This 1996 Act was part of a Civil Rights concern that as information became more electronically disseminated, it would lead to misuse of that information (U.S. Department of Health and Human Services, 2010). Certainly, one of the benefits of electronic information is that on one hand it is available to a larger number of people, but it is also verifiable on who views that information at what time. This protection, though, is part of the ethics of individual rights. It has, however, affected scholarly research and the ability to perform retrospective, chart-based research and evaluations. One study, in fact, said that HIPAA managed rules led to a 73% decrease in patient accrual, triple the time recruiting patients, and tripling (at least) of mean recruiting costs (Wold and Bennett, 2005). However, despite the few incidents in which the regulation of this information is detrimental, most civil rights advocates praise the legislation -- believing that each individual should control access to not only their bodies, but information about their bodies and conditions as well.

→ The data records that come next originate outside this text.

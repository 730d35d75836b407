-- ===== src/Experts/Leases.antt =====
-- What a residency lease protects: `Follows` relates the expert manager before and after a call.
pub mod Steps
pub mod Moves
pub mod Operations
pub mod History
use hypermoe_engine.Base.{
  ℕ, ◌+◌, ◌<◌, ◌≡◌, refl, ◌∙◌, Bool, true, false, Option, none, some, arith, if◌then◌else◌,
  Bool-cases, inl, inr,
}
use hypermoe_engine.Base.Outcome.{Error, Outcome, ok, throws}
use hypermoe_engine.Base.Map.{lookup}
use hypermoe_engine.Base.Exec.{Exec, pure, raise, continue, ◌>>=◌}
use hypermoe_engine.Cache.Policy.{CachePolicy}
use hypermoe_engine.Experts.State.{ManagedExpert, ExpertManager, M}

-- The place of an expert: its metadata with the tier, its reservation and its buffers.
pub record SamePlace (a b : ManagedExpert) : Type 0 where
  pub metadata : b.metadata ≡ a.metadata
  pub allocation : b.allocation ≡ a.allocation
  pub weights : b.weights ≡ a.weights
  pub device_weights : b.device_weights ≡ a.device_weights

-- One expert before and after: its ids, size and lease count stay, and all of its place if a lease
-- holds it.
pub record Stays (a b : ManagedExpert) : Type 0 where
  pub leases : b.residency_leases ≡ a.residency_leases
  pub policy_id : b.policy_id ≡ a.policy_id
  pub layer : b.metadata.layer ≡ a.metadata.layer
  pub id : b.metadata.id ≡ a.metadata.id
  pub size_bytes : b.metadata.size_bytes ≡ a.metadata.size_bytes
  pub held : 0 < a.residency_leases → SamePlace a b

pub Stays-refl : (e : ManagedExpert) → Stays e e
Stays-refl e = record {
  leases = refl;
  policy_id = refl;
  layer = refl;
  id = refl;
  size_bytes = refl;
  held = λ h. record { metadata = refl; allocation = refl; weights = refl; device_weights = refl };
}

pub Stays-trans : (a b c : ManagedExpert) → Stays a b → Stays b c → Stays a c
Stays-trans a b c p q = record {
  leases = q.leases ∙ p.leases;
  policy_id = q.policy_id ∙ p.policy_id;
  layer = q.layer ∙ p.layer;
  id = q.id ∙ p.id;
  size_bytes = q.size_bytes ∙ p.size_bytes;
  held = λ h.
      let x = p.held h in
      let y = q.held (omega (arith, p.leases)) in
      record {
        metadata = y.metadata ∙ x.metadata;
        allocation = y.allocation ∙ x.allocation;
        weights = y.weights ∙ x.weights;
        device_weights = y.device_weights ∙ x.device_weights;
      };
}

module _ {P : CachePolicy} where
  -- Every registered expert stays.
  pub record Follows (s t : ExpertManager P) : Type 0 where
    pub at :
        (k : ℕ) (e : ManagedExpert)
        → lookup k s.experts ≡ some e
        → (e' : ManagedExpert) × (lookup k t.experts ≡ some e') × Stays e e'

  pub Follows-same : (s t : ExpertManager P) → t.experts ≡ s.experts → Follows s t
  Follows-same s t h = record { at = λ k e q. (e, rw h q, Stays-refl e) }

  pub Follows-refl : (s : ExpertManager P) → Follows s s
  Follows-refl s = Follows-same s s refl

  pub Follows-trans : (s t u : ExpertManager P) → Follows s t → Follows t u → Follows s u
  Follows-trans s t u p q = record {
    at = λ k e h.
        let (e', h', x) = p.at k e h in
        let (e'', h'', y) = q.at k e' h' in (e'', h'', Stays-trans e e' e'' x y);
  }

  -- No lease holds the expert of the key.
  pub record Idle (k : ℕ) (s : ExpertManager P) : Type 0 where
    pub expert : ManagedExpert
    pub there : lookup k s.experts ≡ some expert
    pub free : expert.residency_leases ≡ 0

  pub Idle-Follows : (k : ℕ) (s t : ExpertManager P) → Follows s t → Idle k s → Idle k t
  Idle-Follows k s t f i =
      let (e', h, x) = f.at k i.expert i.there in
      record { expert = e'; there = h; free = x.leases ∙ i.free }

  -- Where `Pre` holds, a call leaves every expert in its place that a lease holds, whether it
  -- returns or throws.
  pub record Safe {A : Type 0} (Pre : ExpertManager P → Type 0) (m : M P A) : Type 0 where
    pub at : (s : ExpertManager P) → Pre s → Follows s (m s).1

  abbrev pub Always : ExpertManager P → Type 0
  Always s = Unit {0}

  pub Safe-weaken :
      {A : Type 0} {Pre : ExpertManager P → Type 0} {m : M P A} → Safe Always m → Safe Pre m
  Safe-weaken h = record { at = λ s p. h.at s tt }

module _ {P : CachePolicy} {Pre : ExpertManager P → Type 0}
    (stable : (s t : ExpertManager P) → Follows s t → Pre s → Pre t) where
  Safe-continue :
      {A B : Type 0} (r : Outcome A) (f : A → M P B) (s : ExpertManager P)
      → ((a : A) → r ≡ ok a → Safe Pre (f a))
      → Pre s
      → Follows s (continue r f s).1
  Safe-continue (ok a) f s h p = (h a refl).at s p
  Safe-continue (throws e) f s h p = Follows-refl s

  pub Safe-bind :
      {A B : Type 0} (m : M P A) (f : A → M P B)
      → Safe Pre m
      → ((a : A) → Safe Pre (f a))
      → Safe Pre (m >>= f)
  Safe-bind m f hm hf = record {
    at = λ s p.
        let (r, t) = m s in
        let first = hm.at s p in
        Follows-trans s t (continue r f t).1 first
          (Safe-continue r f t (λ a _. hf a) (stable s t first p));
  }

module _ {P : CachePolicy} {Pre : ExpertManager P → Type 0} where
  pub Safe-if :
      {A : Type 0} (b : Bool) (m n : M P A)
      → Safe Pre m
      → Safe Pre n
      → Safe Pre (if b then m else n)
  Safe-if true m n h k = h
  Safe-if false m n h k = k

  pub Safe-pure : {A : Type 0} (a : A) → Safe Pre (pure a)
  Safe-pure a = record { at = λ s p. Follows-refl s }

  pub Safe-raise : {A : Type 0} (e : Error) → Safe Pre (raise {A = A} e)
  Safe-raise e = record { at = λ s p. Follows-refl s }

  -- What follows is safe from any state.
  pub then-Always :
      {A B : Type 0} (m : M P A) (f : A → M P B)
      → Safe Pre m
      → ((a : A) → Safe Always (f a))
      → Safe Pre (m >>= f)
  then-Always {A} m f hm hf = record { at = λ s p. go (m s).0 s (m s).1 (hm.at s p) }
    where
      go : (r : Outcome A) (s t : ExpertManager P) → Follows s t → Follows s (continue r f t).1
      go (ok a) s t first = Follows-trans s t (f a t).1 first ((hf a).at t tt)
      go (throws e) s t first = first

Too much security and a lockdown of information, and the benefits of immediate access to information and patient benefit will be lost. Too little security and there is an increased potential of fraud. Patients however, have far more trust that healthcare providers will keep their information save, secure, and private for particular use than they do with banks, governmental institutions, employers, or even credit card companies (Shinkman, 2012).
Accuracy
One of the selling points for ERM is that data tends to be more accurate because it is entered only once. This, of course, forces the person doing the initial entry to be even more aware of the issues surrounding the data, but also has some issues relating to privacy concerns. Accuracy of the information is completely dependent upon two major paradigms: the initial set up of the system and the quality and expertise (training) of input personnel. Adopting a four-part program will solve the initial concerns about accuracy, and focusing on appropriate training (see below) will alleviate some of the worry on the second issue. However, a continuous and rigorous training program will be necessary when there are new hires; people have been out of the office for vacations, etc., when there are system upgrades, and the like. Part 1 ensures initial data accuracy for the system; Part 2, the training, Part 3, network implementation and testing of accuracy of information; and Part 4, Ensuring appropriate equipment so that there are no hardware or software issues that cause inaccuracies, down-time, calculation mistakes, etc.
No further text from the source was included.